In the FBI's effort to explore and investigate everything about the Arizona shooter and would-be assassin, they have turned their efforts to his computer gaming habits.
The Wall Street Journal reports the following which could be seen as troubling to those who are active online gamers.
"In an interview, David McVittie, the administrator of the Web game Earth Empires, said he was contacted by the FBI, which requested the files, including 131 messages that Mr. Loughner wrote. Mr. Loughner is accused of the Jan. 8 shooting in Tucson, Ariz., that left six dead and 14 wounded, including Democratic Rep. Gabrielle Giffords."
The article makes it clear that FBI were more interested in Loughner's non-game based posting in the forums for the game. It does not explain if the administrator for the site showed any resistance to this sort of intrusion. The postings showed exactly what his other internet activity showed to anyone bothering to look, that he was a severely disturbed person.

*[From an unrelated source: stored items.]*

-- ===== src/Engine/Pipeline/Steps.antt =====
-- Every operation of the engine as a step, and what holds after any sequence of steps.
use Prim.Native.String.{String}
use aerocast.Prelude.{
  ℕ, ◌%◌, ◌≤◌, ◌≡◌, ◌≢◌, ◌∙◌, refl, sym, ap, subst, fun_ext, List, [], ◌∷◌, ◌++◌, Option, none,
  some, arith,
}
use aerocast.Prelude.Assoc.{lookup, lookup-insert}
use aerocast.Binary.Codec.{CoordPacket}
use aerocast.Binary.Egress.{EgressBuffer}
use aerocast.Float.{Platform}
use aerocast.Spatial.Grid
use aerocast.Spatial.Grid.{EntityState, key_of, get, new_grid}
use aerocast.Spatial.Grid.Tracking.{Tracks, new_grid-Tracks, route-Tracks, get-Tracks}
use aerocast.Geofence.Fence.{Fence}
use aerocast.Geofence.Store.{Store, new_store, register, register_all}
use aerocast.Fanout.Subscribers.Index.{IsSound}
use aerocast.Fanout.Subscribers.Life.{
  new_fanout-IsSound, subscribe-IsSound, unsubscribe-IsSound, follow_keeps, unfollow_keeps,
}
use aerocast.Engine.Pipeline.{
  Engine, IngressPacket, last_position, process_packet, tick, new_engine, seed_position,
  on_subscribe, on_unsubscribe, on_follow, on_unfollow,
}
use aerocast.Engine.Pipeline.Ready.{IsReady, process_packet-Processed, last_position-set_position}
use aerocast.Engine.Pipeline.Tick.{tick-IsReady}

-- One operation on the engine. A subscriber comes with an id that is not in use, and a seeded entity is
-- new or stays in its cell.
pub data Step {E : Type 0} (p : Platform) (recycled : EgressBuffer)
    : Engine E → Engine E → Type 0 where
  packet :
      (e e' : Engine E) (pkt : IngressPacket) (now : ℕ) (effects : List E)
      → process_packet p e pkt now ≡ some (e', effects)
      → Step p recycled e e'
  ticked : (e e' : Engine E) → tick recycled e ≡ some e' → Step p recycled e e'
  seeded :
      (e : Engine E) (id lat lng : ℕ)
      → ((c : CoordPacket)
          → last_position e id ≡ some c
          → key_of p c ≡ key_of p (record { lng = lng; lat = lat }))
      → Step p recycled e (seed_position p e id lat lng)
  subscribed :
      (e : Engine E) (id lat lng radius_m : ℕ)
      → lookup id e.fanout.subs ≡ none
      → Step p recycled e (on_subscribe p e id lat lng radius_m)
  unsubscribed : (e e' : Engine E) (id : ℕ) → on_unsubscribe e id ≡ some e' → Step p recycled e e'
  followed : (e : Engine E) (id entity : ℕ) → Step p recycled e (on_follow e id entity)
  unfollowed : (e : Engine E) (id entity : ℕ) → Step p recycled e (on_unfollow e id entity)
  registered :
      (e : Engine E) (f : Fence) → Step p recycled e (record e { fences = register p e.fences f })

-- Any number of operations, one after the other.
pub data Runs {E : Type 0} (p : Platform) (recycled : EgressBuffer)
    : Engine E → Engine E → Type 0 where
  done : (e : Engine E) → Runs p recycled e e
  more :
      (e e' e'' : Engine E) → Step p recycled e e' → Runs p recycled e' e'' → Runs p recycled e e''

abbrev pub Ready : {E : Type 0} → Platform → Engine E → Type 0
Ready p e = (fs : List Fence) × IsReady p fs e

pub register_all-snoc :
    (p : Platform) (s : Store) (fs : List Fence) (f : Fence)
    → register p (register_all p s fs) f ≡ register_all p s (fs ++ (f ∷ []))
unfolding register_all
register_all-snoc p s [] f = refl
register_all-snoc p s (x ∷ fs) f = register_all-snoc p (register p s x) fs f

pub new_engine-IsReady :
    {E : Type 0} (p : Platform) (on_enter on_exit : Option (ℕ → String → List E))
    → IsReady p [] (new_engine on_enter on_exit)
unfolding new_engine register_all
new_engine-IsReady p on_enter on_exit = record {
  tracks = subst (Tracks p new_grid) (fun_ext nowhere) (new_grid-Tracks p);
  stored = refl;
  sound = new_fanout-IsSound;
}
  where
    nowhere : (j : ℕ) → none ≡ lookup {V = CoordPacket} j []
    nowhere j = unfold lookup in refl

seed_position-IsReady :
    {E : Type 0} (p : Platform) (fs : List Fence) (e : Engine E) (id lat lng : ℕ)
    → IsReady p fs e
    → ((c : CoordPacket)
        → last_position e id ≡ some c
        → key_of p c ≡ key_of p (record { lng = lng; lat = lat }))
    → IsReady p fs (seed_position p e id lat lng)
unfolding seed_position
seed_position-IsReady p fs e id lat lng r same = record {
  tracks =
      subst (Tracks p (Grid.route p e.grid id coord))
        (fun_ext (λ j. sym (last_position-set_position e.prev_pos id coord j)))
        (route-Tracks p e.grid (last_position e) id coord r.tracks same);
  stored = r.stored;
  sound = r.sound;
}
  where
    coord : CoordPacket
    coord = record { lng = lng; lat = lat }

-- Unsubscribing never panics on a ready engine.
pub on_unsubscribe-IsReady :
    {E : Type 0} (p : Platform) (fs : List Fence) (e : Engine E) (id : ℕ)
    → IsReady p fs e
    → (e' : Engine E) × (on_unsubscribe e id ≡ some e') × IsReady p fs e'
unfolding on_unsubscribe
on_unsubscribe-IsReady p fs e id r =
    let (fan, run, sound, subs, cells) = unsubscribe-IsSound e.fanout id r.sound in
    (
      record e { fanout = fan },
      rw run,
      record { tracks = r.tracks; stored = r.stored; sound = sound },
    )

-- The value of a computation that has two.
pub same_value :
    {A : Type 0} (P : A → Type 0) (o : Option A) (x y : A) → o ≡ some x → o ≡ some y → P x → P y
same_value P o x y h k = subst P (cc (h, k))

-- A step keeps the engine ready.
pub Step-Ready :
    {E : Type 0} (p : Platform) (recycled : EgressBuffer) (e e' : Engine E)
    → 20 ≤ recycled.cap
    → Step p recycled e e'
    → Ready p e
    → Ready p e'
Step-Ready p recycled _ _ room (packet e e' pkt now effects run) (fs, r) =
    let (e1, effects1, run1, ok) = process_packet-Processed p fs e pkt now r in
    (fs, same_value (λ x. IsReady p fs x.0) _ (e1, effects1) (e', effects) run1 run ok.ready)
Step-Ready p recycled _ _ room (ticked e e' run) (fs, r) =
    let (e1, run1, r1, same) = tick-IsReady p fs recycled room e r in
    (fs, same_value (IsReady p fs) _ e1 e' run1 run r1)
Step-Ready p recycled _ _ room (seeded e id lat lng same) (fs, r) =
    (fs, seed_position-IsReady p fs e id lat lng r same)
Step-Ready p recycled _ _ room (subscribed e id lat lng radius_m new) (fs, r) = (
  fs,
  unfold on_subscribe in
      record {
        tracks = r.tracks;
        stored = r.stored;
        sound = subscribe-IsSound p e.fanout id lat lng radius_m r.sound new;
      },
)
Step-Ready p recycled _ _ room (unsubscribed e e' id run) (fs, r) =
    let (e1, run1, r1) = on_unsubscribe-IsReady p fs e id r in
    (fs, same_value (IsReady p fs) _ e1 e' run1 run r1)
Step-Ready p recycled _ _ room (followed e id entity) (fs, r) = (
  fs,
  unfold on_follow in
      record {
        tracks = r.tracks;
        stored = r.stored;
        sound = follow_keeps e.fanout id entity r.sound;
      },
)
Step-Ready p recycled _ _ room (unfollowed e id entity) (fs, r) = (
  fs,
  unfold on_unfollow in
      record {
        tracks = r.tracks;
        stored = r.stored;
        sound = unfollow_keeps e.fanout id entity r.sound;
      },
)
Step-Ready p recycled _ _ room (registered e f) (fs, r) = (
  fs ++ (f ∷ []),
  record {
    tracks = r.tracks;
    stored = ap (λ s. register p s f) r.stored ∙ register_all-snoc p new_store fs f;
    sound = r.sound;
  },
)

Runs-Ready :
    {E : Type 0} (p : Platform) (recycled : EgressBuffer) (e e' : Engine E)
    → 20 ≤ recycled.cap
    → Runs p recycled e e'
    → Ready p e
    → Ready p e'
Runs-Ready p recycled _ _ room (done e) r = r
Runs-Ready p recycled _ _ room (more e e1 e' s rest) r =
    Runs-Ready p recycled e1 e' room rest (Step-Ready p recycled e e1 room s r)

-- From a new engine, after any sequence of operations: the grid holds each entity at its last position
-- and at no other place, the subscriptions are sound, and no packet, tick or unsubscription panics.
-- A subscriber comes with an id that is not in use, a seeded entity is new or stays in its cell, and the
-- pooled buffer can hold a record.
pub always_safe :
    {E : Type 0} (p : Platform) (recycled : EgressBuffer)
    (on_enter on_exit : Option (ℕ → String → List E)) (e : Engine E)
    → 20 ≤ recycled.cap
    → Runs p recycled (new_engine on_enter on_exit) e
    → Tracks p e.grid (last_position e)
      × IsSound e.fanout
      × ((id : ℕ)
          → get e.grid id
            ≡ elim (last_position e id) [ none ↦ none | some c ↦ some (record { coord = c }) ])
      × ((pkt : IngressPacket) (now : ℕ)
          → (r : Engine E × List E) × (process_packet p e pkt now ≡ some r))
      × ((e' : Engine E) × (tick recycled e ≡ some e'))
      × ((id : ℕ) → (e' : Engine E) × (on_unsubscribe e id ≡ some e'))
always_safe p recycled on_enter on_exit e room run =
    let (fs, r) =
      Runs-Ready p recycled (new_engine on_enter on_exit) e room run
        ([], new_engine-IsReady p on_enter on_exit) in
    (
      r.tracks,
      r.sound,
      λ id. get-Tracks p e.grid (last_position e) id r.tracks,
      λ pkt now.
          let (e', effects, run', ok) = process_packet-Processed p fs e pkt now r in
          ((e', effects), run'),
      (let (e', run', r', same) = tick-IsReady p fs recycled room e r in (e', run')),
      λ id. let (e', run', r') = on_unsubscribe-IsReady p fs e id r in (e', run'),
    )

-- SeedPosition of an entity whose last position is in another cell leaves the entity in the grid twice:
-- at the old position in the old cell, although that is no longer its last position, and at the new one.
pub seed_position_duplicates :
    {E : Type 0} (p : Platform) (fs : List Fence) (e : Engine E) (id lat lng : ℕ) (c : CoordPacket)
    → IsReady p fs e
    → last_position e id ≡ some c
    → key_of p c ≢ key_of p (record { lng = lng; lat = lat })
    → (last_position (seed_position p e id lat lng) id ≡ some (record { lng = lng; lat = lat }))
      × (lookup id (
            (seed_position p e id lat lng).grid
              (key_of p (record { lng = lng; lat = lat }))
              (id % 16))
          ≡ some (record { coord = record { lng = lng; lat = lat } }))
      × (lookup id ((seed_position p e id lat lng).grid (key_of p c) (id % 16))
          ≡ some (record { coord = c }))
unfolding seed_position Grid.route
seed_position_duplicates p fs e id lat lng c r h away = (
  ground (arith, last_position-set_position e.prev_pos id coord id),
  ground (arith, lookup-insert id id state (e.grid (key_of p coord) (id % 16))),
  ground (arith, away, r.tracks.placed (key_of p c) (id % 16) id, h),
)
  where
    coord : CoordPacket
    coord = record { lng = lng; lat = lat }

    state : EntityState
    state = record { coord = coord }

The administrator is considering releasing the postings publically after the investigation is over.
The game, Earth Empires itself is a turn-based "god-game," a slightly more complicated Risk or Diplomacy. The game is browser based and is free to play. The game is stripped down and there are no visuals besides statistics based on the various actions by the player. For most modern gamers it would seem slow and rather boring in pace, its far more strategic than action oriented. There are no fancy graphics featuring explosions or cut scenes that feature cartoon violence.
Those wishing to find an excuse to rehash the disproven "link" between violence and video games will have little from this case to find comfort in.
This does raise privacy concerns for online gamers and access to their postings in forums on game web-sites. Gamers and developers will be watching developments closely.